If you omit --granularity, the default is class. If you omit --repo-url, the CLI shows an interactive prompt, so you can choose one configured project or enter a custom GitHub repository.

Configuration

Projects are loaded from src/main/resources/projects-config.json. When you launch the tool without --repo-url, those projects are shown in the terminal, and the analysis starts only after you pick one of them.
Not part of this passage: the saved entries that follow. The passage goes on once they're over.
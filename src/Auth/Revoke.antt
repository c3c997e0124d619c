-- ===== src/Auth/Revoke.antt =====
-- That a change of a user's credentials or state ends the sessions that were opened before it.
use reeva.Prelude.{Bool}
use reeva.Prelude.{
  ℕ, ◌+◌, ◌<◌, ◌≡◌, ◌≢◌, refl, sym, ◌∙◌, ap, false, not, ◌&&◌, ◌||◌, Option, none, some, List, [],
  ◌∷◌, Memᴰ, Text, arith, same, ltb, ◌==◌, find, find-some, update, remove, is_none, length, All,
  All-mem, All-update, Bool-cases, Option-cases, inl, inr, Result, ok, or_fail-eq-ok, require-eq-ok,
}
use reeva.Model.{Uuid}
use reeva.Auth.{
  User, ResetToken, Accounts, Error, invalid_token, not_found, self, root, password_length,
  wrong_password, name_too_long, Hashing, find_user, find_by_email, save, verify_reset_token,
  send_password_reset_link, with_password, forget, update_password_by_token, reset_password,
  toggle_active_user, change_password, update_user, next, outcome, handle,
}

-- The operations that set a password or switch an account, with the user that they save.
pub data Change (h : Hashing) : Accounts → User → Accounts → Type 0 where
  by_token :
      {db d : Accounts} {u : User} (token password : Text) (now : ℕ)
      → update_password_by_token h db token password now ≡ ok (u, d)
      → Change h db u d
  by_admin :
      {db d : Accounts} {u : User} (id current : Uuid) (password : Text)
      → reset_password h db id current password ≡ ok (u, d)
      → Change h db u d
  by_switch :
      {db d : Accounts} {u : User} (id current : Uuid)
      → toggle_active_user db id current ≡ ok (u, d)
      → Change h db u d
  by_user :
      {db d : Accounts} {u : User} (id : Uuid) (current password : Text)
      → change_password h db id current password ≡ ok (u, d)
      → Change h db u d

-- The saved row is the next version of a row that was there.
pub record IsSaved (db : Accounts) (u : User) (d : Accounts) : Type 0 where
  pub old : User
  pub there : Memᴰ old db.users
  pub same_id : u.id ≡ old.id
  pub newer : u.auth_version ≡ old.auth_version + 1
  pub users : d.users ≡ (save u db).users

find_user-mem : (db : Accounts) (id : Uuid) (u : User) → find_user db id ≡ some u → Memᴰ u db.users
unfolding find_user
find_user-mem db id u e =
    (find-some (λ (u : User). u.id == id && is_none u.deleted_at) db.users e).0

find_by_email-mem :
    (db : Accounts) (email : Text) (u : User) → find_by_email db email ≡ some u → Memᴰ u db.users
unfolding find_by_email
find_by_email-mem db email u e =
    (find-some (λ (u : User). same u.email email && is_none u.deleted_at) db.users e).0

forget-users : (u : User) (db : Accounts) → (forget u db).users ≡ db.users
unfolding forget
forget-users u db = refl

save-users :
    (u : User) (db e : Accounts) → db.users ≡ e.users → (save u db).users ≡ (save u e).users
unfolding save
save-users u db e h = ap (update (λ (v : User). v.id == u.id) (λ v. u)) h

fst-ok :
    {A B : Type 0} {a b : A} {x y : B}
    → ◌≡◌ {A = Result Error (A × B)} (ok (a, x)) (ok (b, y))
    → b ≡ a
fst-ok h = cc

snd-ok :
    {A B : Type 0} {a b : A} {x y : B}
    → ◌≡◌ {A = Result Error (A × B)} (ok (a, x)) (ok (b, y))
    → y ≡ x
snd-ok h = cc

saved :
    (db d e : Accounts) (u old v : User)
    → Memᴰ old db.users
    → ◌≡◌ {A = Result Error (User × Accounts)} (ok (v, e)) (ok (u, d))
    → v.id ≡ old.id
    → v.auth_version ≡ old.auth_version + 1
    → e.users ≡ (save v db).users
    → IsSaved db u d
saved db d e u old v m h i n k = record {
  old = old;
  there = m;
  same_id = rw (fst-ok h) i;
  newer = rw (fst-ok h) n;
  users = rw (fst-ok h, snd-ok h) k;
}

Change-IsSaved : {h : Hashing} {db d : Accounts} {u : User} → Change h db u d → IsSaved db u d
unfolding update_password_by_token reset_password toggle_active_user change_password
Change-IsSaved {h} {db} {d} {u} (by_token token password now e) =
    let (r, e1, h1) = or_fail-eq-ok (verify_reset_token h db token now) invalid_token _ e in
    let db1 : Accounts = record db {
      reset_tokens = remove (λ (s : ResetToken). s.id == r.id) db.reset_tokens;
    } in
    let (v, e2, h2) = or_fail-eq-ok (find_by_email db1 r.email) not_found _ h1 in
    let (t, h3) = require-eq-ok v.is_active invalid_token _ h2 in
    saved db d _ u v (with_password h v password) (find_by_email-mem db1 r.email v e2) h3 refl refl
      (forget-users v (save (with_password h v password) db1)
        ∙ save-users (with_password h v password) db1 db refl)
Change-IsSaved {h} {db} {d} {u} (by_admin id current password e) =
    let (v, e1, h1) = or_fail-eq-ok (find_user db id) not_found _ e in
    let (t, h2) = require-eq-ok (not (v.id == current)) self _ h1 in
    let (t2, h3) = require-eq-ok (not v.is_root) root _ h2 in
    saved db d _ u v (with_password h v password) (find_user-mem db id v e1) h3 refl refl
      (forget-users v _)
Change-IsSaved {h} {db} {d} {u} (by_switch id current e) =
    let (v, e1, h1) = or_fail-eq-ok (find_user db id) not_found _ e in
    let (t, h2) = require-eq-ok (not v.is_root) root _ h1 in
    let (t2, h3) = require-eq-ok (not (v.id == current)) self _ h2 in
    saved db d _ u v (record v { is_active = not v.is_active; auth_version = v.auth_version + 1 })
      (find_user-mem db id v e1) h3 refl refl refl
Change-IsSaved {h} {db} {d} {u} (by_user id current password e) =
    let (t, h1) =
      require-eq-ok (not (ltb (length password) 12 || ltb 128 (length password))) password_length _
        e in
    let (v, e1, h2) = or_fail-eq-ok (find_user db id) not_found _ h1 in
    let (t2, h3) = require-eq-ok (h.verify v.password_hash current) wrong_password _ h2 in
    saved db d _ u v (with_password h v password) (find_user-mem db id v e1) h3 refl refl
      (forget-users v _)

-- One request on the accounts that are there.
pub data Step (h : Hashing) : Accounts → Accounts → Type 0 where
  changed : {db d : Accounts} {u : User} → Change h db u d → Step h db d
  renamed :
      {db d : Accounts} {u : User} (id : Uuid) (name : Option Text)
      → update_user db id name ≡ ok (u, d)
      → Step h db d
  linked :
      {db : Accounts} (mail_enabled : Bool) (email : Text) (fresh : Uuid) (token : Text) (now : ℕ)
      → Step h db (send_password_reset_link h mail_enabled db email fresh token now)

pub data Reach (h : Hashing) (start : Accounts) : Accounts → Type 0 where
  here : Reach h start start
  then_step : {db d : Accounts} → Reach h start db → Step h db d → Reach h start d

-- The rows of the user are all past version `n`.
abbrev pub IsPast : Uuid → ℕ → List User → Type 0
IsPast i n = All (λ (u : User). u.id ≡ i → n < u.auth_version)

save-IsPast :
    (i : Uuid) (n : ℕ) (u : User) (db : Accounts)
    → (u.id ≡ i → n < u.auth_version)
    → IsPast i n db.users
    → IsPast i n (save u db).users
unfolding save
save-IsPast i n u db k h =
    All-update _ (λ (v : User). v.id == u.id) (λ v. u) db.users (λ a t b. k) h

-- The users after an operation that changes no row of them.
linked-users :
    (h : Hashing) (mail_enabled : Bool) (db : Accounts) (email : Text) (fresh : Uuid) (token : Text)
    (now : ℕ)
    → (send_password_reset_link h mail_enabled db email fresh token now).users ≡ db.users
unfolding send_password_reset_link
linked-users h mail_enabled db email fresh token now = ground arith

renamed-IsPast :
    (db d : Accounts) (u : User) (id : Uuid) (name : Option Text) (i : Uuid) (n : ℕ)
    → update_user db id name ≡ ok (u, d)
    → IsPast i n db.users
    → IsPast i n d.users
unfolding update_user
renamed-IsPast db d u id name i n e h =
    let (t, h1) =
      require-eq-ok (not (elim name [ none ↦ false | some s ↦ ltb 255 (length s) ])) name_too_long _
        e in
    let (v, e1, h2) = or_fail-eq-ok (find_user db id) not_found _ h1 in
    rw (snd-ok h2) (
      save-IsPast i n (record v { full_name = name }) db
        (All-mem _ db.users h (find_user-mem db id v e1)) h)

Step-IsPast :
    {h : Hashing} {db d : Accounts} (i : Uuid) (n : ℕ)
    → Step h db d
    → IsPast i n db.users
    → IsPast i n d.users
Step-IsPast {db = db} {d = d} i n (changed {u = u} c) k =
    let s = Change-IsSaved c in
    let m = All-mem (λ (u : User). u.id ≡ i → n < u.auth_version) db.users k s.there in
    rw s.users (save-IsPast i n u db (λ e. omega (arith, s.newer, m (sym s.same_id ∙ e))) k)
Step-IsPast {db = db} {d = d} i n (renamed {u = u} id name e) k =
    renamed-IsPast db d u id name i n e k
Step-IsPast {h} {db} i n (linked mail_enabled email fresh token now) k =
    rw (linked-users h mail_enabled db email fresh token now) k

Reach-IsPast :
    {h : Hashing} {db d : Accounts} (i : Uuid) (n : ℕ)
    → Reach h db d
    → IsPast i n db.users
    → IsPast i n d.users
Reach-IsPast i n here k = k
Reach-IsPast i n (then_step r s) k = Step-IsPast i n s (Reach-IsPast i n r k)

outcome-ne-next : (u : User) (n : ℕ) → n < u.auth_version → outcome (some u) (some n) ≢ next
outcome-ne-next u n lt e = ground arith

handle-past : (db : Accounts) (i : Uuid) (n : ℕ) → IsPast i n db.users → handle db i (some n) ≢ next
unfolding handle find_user
handle-past db i n k e =
    elim (Option-cases (find (λ (u : User). u.id == i && is_none u.deleted_at) db.users)) [
      | inl z ↦ cc (ap (λ o. outcome o (some n)) z, e)
      | inr (u, z) ↦
          let (m, t) = find-some (λ (u : User). u.id == i && is_none u.deleted_at) db.users z in
          let lt =
            All-mem (λ (u : User). u.id ≡ i → n < u.auth_version) db.users k m (ground arith) in
          outcome-ne-next u n lt (sym (ap (λ o. outcome o (some n)) z) ∙ e)
    ]

-- Right after a change, the rows of the user are past every older version.
update-IsPast :
    (u : User) (n : ℕ) (users : List User)
    → n < u.auth_version
    → IsPast u.id n (update (λ (v : User). v.id == u.id) (λ v. u) users)
update-IsPast u n [] lt = tt
update-IsPast u n (v ∷ users) lt = elim (Bool-cases (v.id == u.id)) [
  | inl t ↦ rw t ((λ z. lt), update-IsPast u n users lt)
  | inr f ↦ rw f ((λ z. absurd (ground (arith, z))), update-IsPast u n users lt)
]

save_fresh-IsPast :
    (db d : Accounts) (u : User) (n : ℕ)
    → d.users ≡ (save u db).users
    → n < u.auth_version
    → IsPast u.id n d.users
unfolding save
save_fresh-IsPast db d u n e lt = rw e (update-IsPast u n db.users lt)

-- A password reset or change, by token, by an administrator or by the user, and a switch of the
-- account's state raise the user's version by one, and from then on, whatever further such requests,
-- edits of names and reset links follow, the middleware lets no session through that was opened for
-- this user with an older version.
pub Change-revokes :
    {h : Hashing} {db d e : Accounts} {u : User} (n : ℕ)
    → Change h db u d
    → Reach h d e
    → n < u.auth_version
    → ((old : User) × Memᴰ old db.users × (u.id ≡ old.id) × (u.auth_version ≡ old.auth_version + 1))
      × (handle e u.id (some n) ≢ next)
Change-revokes {db = db} {d = d} {e = e} {u = u} n c r lt =
    let s = Change-IsSaved c in
    (
      (s.old, s.there, s.same_id, s.newer),
      handle-past e u.id n (Reach-IsPast u.id n r (save_fresh-IsPast db d u n s.users lt)),
    )
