-- ===== src/Auth/Session.antt =====
-- What a login does to the session.
use reeva.Prelude.{
  ℕ, ◌≡◌, refl, ◌≢◌, Bool, true, false, ◌&&◌, Option, none, some, List, Text, leb, ==_refl, length,
  trim, if◌then◌else◌,
}
use reeva.Input.{Value, undefined, null, bool, number, text, object}
use reeva.Auth.{
  User, RateLimit, Accounts, Hashing, find_user, next, handle, login, is_auth_request_throttled,
}
use reeva.Auth.Login.{
  Session, Credentials, signed_in, invalid, Visit, is_remembered, sign_in, refused, admit,
  with_limits, attempt_login, store, admitted,
}

-- A login leaves the session as it was, or opens one that the middleware admits.
pub data IsLogin (db : Accounts) (s : Session) (v : Visit) : Type 0 where
  kept :
      v.session ≡ s
      → v.accounts.users ≡ db.users
      → v.accounts.remembered ≡ db.remembered
      → v.result ≢ signed_in
      → IsLogin db s v
  opened :
      (u : User)
      → v.result ≡ signed_in
      → find_user db u.id ≡ some u
      → u.is_active ≡ true
      → v.session.user ≡ some u.id
      → v.accounts.users ≡ db.users
      → admitted v.accounts v.session ≡ next
      → IsLogin db s v

sign_in-IsLogin :
    (h : Hashing) (db : Accounts) (s : Session) (u : User) (b : Bool) (ip email : Text)
    → find_user db u.id ≡ some u
    → u.is_active ≡ true
    → IsLogin db s (sign_in h db u b ip email)
unfolding sign_in handle find_user
sign_in-IsLogin h db s u b ip email found active =
    opened u refl found active refl refl (rw (found, ==_refl u.auth_version, active) refl)

choose-IsLogin :
    {db : Accounts} {s : Session} (b : Bool) (x y : Visit)
    → (b ≡ true → IsLogin db s x)
    → IsLogin db s y
    → IsLogin db s (if b then x else y)
choose-IsLogin true x y f g = f refl
choose-IsLogin false x y f g = g

refused-invalid :
    (db d : Accounts) (s : Session)
    → d.users ≡ db.users
    → d.remembered ≡ db.remembered
    → IsLogin db s (refused d s invalid)
refused-invalid db d s e r = kept refl e r (λ i. cc)

admit-IsLogin :
    (h : Hashing) (db : Accounts) (s : Session) (o : Option User) (remember_me : Value)
    (ip email : Text)
    → ((u : User) → o ≡ some u → find_user db u.id ≡ some u)
    → IsLogin db s (admit h db s o remember_me ip email)
unfolding admit
admit-IsLogin h db s none remember_me ip email finds = refused-invalid db db s refl refl
admit-IsLogin h db s (some u) remember_me ip email finds =
    choose-IsLogin u.is_active _ _
      (λ active.
        sign_in-IsLogin h db s u (is_remembered remember_me) ip email (finds u refl) active)
      (refused-invalid db db s refl refl)

-- The counters do not matter to the users.
limits-IsLogin :
    (db : Accounts) (rows : List RateLimit) (s : Session) (v : Visit)
    → IsLogin (record db { rate_limits = rows }) s v
    → IsLogin db s v
unfolding find_user
limits-IsLogin db rows s v (kept a b c d) = kept a b c d
limits-IsLogin db rows s v (opened u a b c d e f) = opened u a b c d e f

attempt_login-IsLogin :
    (h : Hashing) (k : Credentials) (db : Accounts) (s : Session) (email password : Text)
    (remember_me : Value) (ip : Text) (now : ℕ)
    → IsLogin db s (attempt_login h k db s email password remember_me ip now)
unfolding attempt_login
attempt_login-IsLogin h k db s email password remember_me ip now =
    let x = is_auth_request_throttled h login ip email now db.rate_limits in
    choose-IsLogin x.0 _ _ (λ t. kept refl refl refl (λ i. cc))
      (limits-IsLogin db x.1 s _ (
        admit-IsLogin h (with_limits db x) s _ remember_me ip email
          (λ u e. k.finds (with_limits db x) (trim email) password u e)))

-- Whatever the inputs of a login: either it leaves the session, the users and the remembered logins
-- as they were and does not lead to the dashboard, or it signs in a live and active user whose
-- session the authentication middleware admits on the next request. The framework is taken to find
-- credentials only of rows that a query finds.
pub store-IsLogin :
    (h : Hashing) (k : Credentials) (db : Accounts) (s : Session)
    (email password remember_me : Value) (ip : Text) (now : ℕ)
    → IsLogin db s (store h k db s email password remember_me ip now)
unfolding store
store-IsLogin h k db s (text email) (text password) remember_me ip now =
    choose-IsLogin (leb (length email) 255 && leb (length password) 1024) _ _
      (λ t. attempt_login-IsLogin h k db s email password remember_me ip now)
      (refused-invalid db db s refl refl)
store-IsLogin h k db s undefined password remember_me ip now = refused-invalid db db s refl refl
store-IsLogin h k db s null password remember_me ip now = refused-invalid db db s refl refl
store-IsLogin h k db s (bool b) password remember_me ip now = refused-invalid db db s refl refl
store-IsLogin h k db s (number n) password remember_me ip now = refused-invalid db db s refl refl
store-IsLogin h k db s object password remember_me ip now = refused-invalid db db s refl refl
store-IsLogin h k db s (text email) undefined remember_me ip now = refused-invalid db db s refl refl
store-IsLogin h k db s (text email) null remember_me ip now = refused-invalid db db s refl refl
store-IsLogin h k db s (text email) (bool b) remember_me ip now = refused-invalid db db s refl refl
store-IsLogin h k db s (text email) (number n) remember_me ip now =
    refused-invalid db db s refl refl
store-IsLogin h k db s (text email) object remember_me ip now = refused-invalid db db s refl refl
The bundled catalog is aligned with the six Apache projects typically allowed for the exam:

AVRO
OPENJPA
STORM
ZOOKEEPER
SYNCOPE
TAJO

Example:

[
  {
    "owner": "apache",
    "name": "Avro",
    "percentage": 33,
    "repoUrl": "https://github.com/apache/avro.git",
    "jiraKey": "AVRO"
  },
  {
    "owner": "apache",
    "name": "ZooKeeper",
    "percentage": 33,
    "repoUrl": "https://github.com/apache/zookeeper.git",
    "jiraKey": "ZOOKEEPER"
  }
]

Relevant fields:

owner: GitHub organization or user
name: repository name
repoUrl: optional fallback source for owner and name; useful when you want a single canonical repository reference in the config.
percentage: percentage of releases to analyze; for the exam, 33 matches the first milestone guidance.
jiraKey: JIRA project key used to retrieve versions and fixed bugs

Ad-Hoc CLI Project

If the exam changes the repository to analyze, you can skip the JSON file and launch a single project directly from the CLI:

.\mvnw.cmd exec:java "-Dexec.args=--repo-url=https://github.com/apache/avro.git --jira-key=AVRO"

You can combine it with explicit granularity:

.\mvnw.cmd exec:java "-Dexec.args=--granularity=both --repo-url=https://github.com/apache/zookeeper.git --jira-key=ZOOKEEPER --percentage=33"

Rules for ad-hoc mode:

--repo-url enables single-project execution from the CLI
--jira-key is required together with --repo-url
--percentage is optional; if omitted in CLI ad-hoc mode, the default is 33
owner and name are derived automatically from the repository URL

If you do not pass --repo-url, the prompt also offers a custom repository option and asks for:

repository URL
JIRA key
percentage of releases to analyze, defaulting to 33

Secrets Setup

Tracked files no longer contain real tokens. Configure credentials in one of these ways:

create config/github.local.properties from github.local.properties.example
create config/jira.local.properties from jira.local.properties.example
or pass secrets with -Dmantimetrics.github.pat=... and -Dmantimetrics.jira.pat=...
or use MANTIMETRICS_GITHUB_PAT and MANTIMETRICS_JIRA_PAT

Local *.local.properties files are ignored by Git.

Raw Dataset

The raw CSV is written under output/:

output/<repo>_dataset_method.csv
output/<repo>_dataset_class.csv

Each row contains identifiers, release information, static metrics, Git history metrics and bug labels. The dataset includes smell-related features such as:

CodeSmells
NSmells
isLongMethod
isGodClass
isFeatureEnvy
isDuplicatedCode

NSmells is an explicit derived feature that combines PMD smell counts with the binary smell indicators exposed by the tool.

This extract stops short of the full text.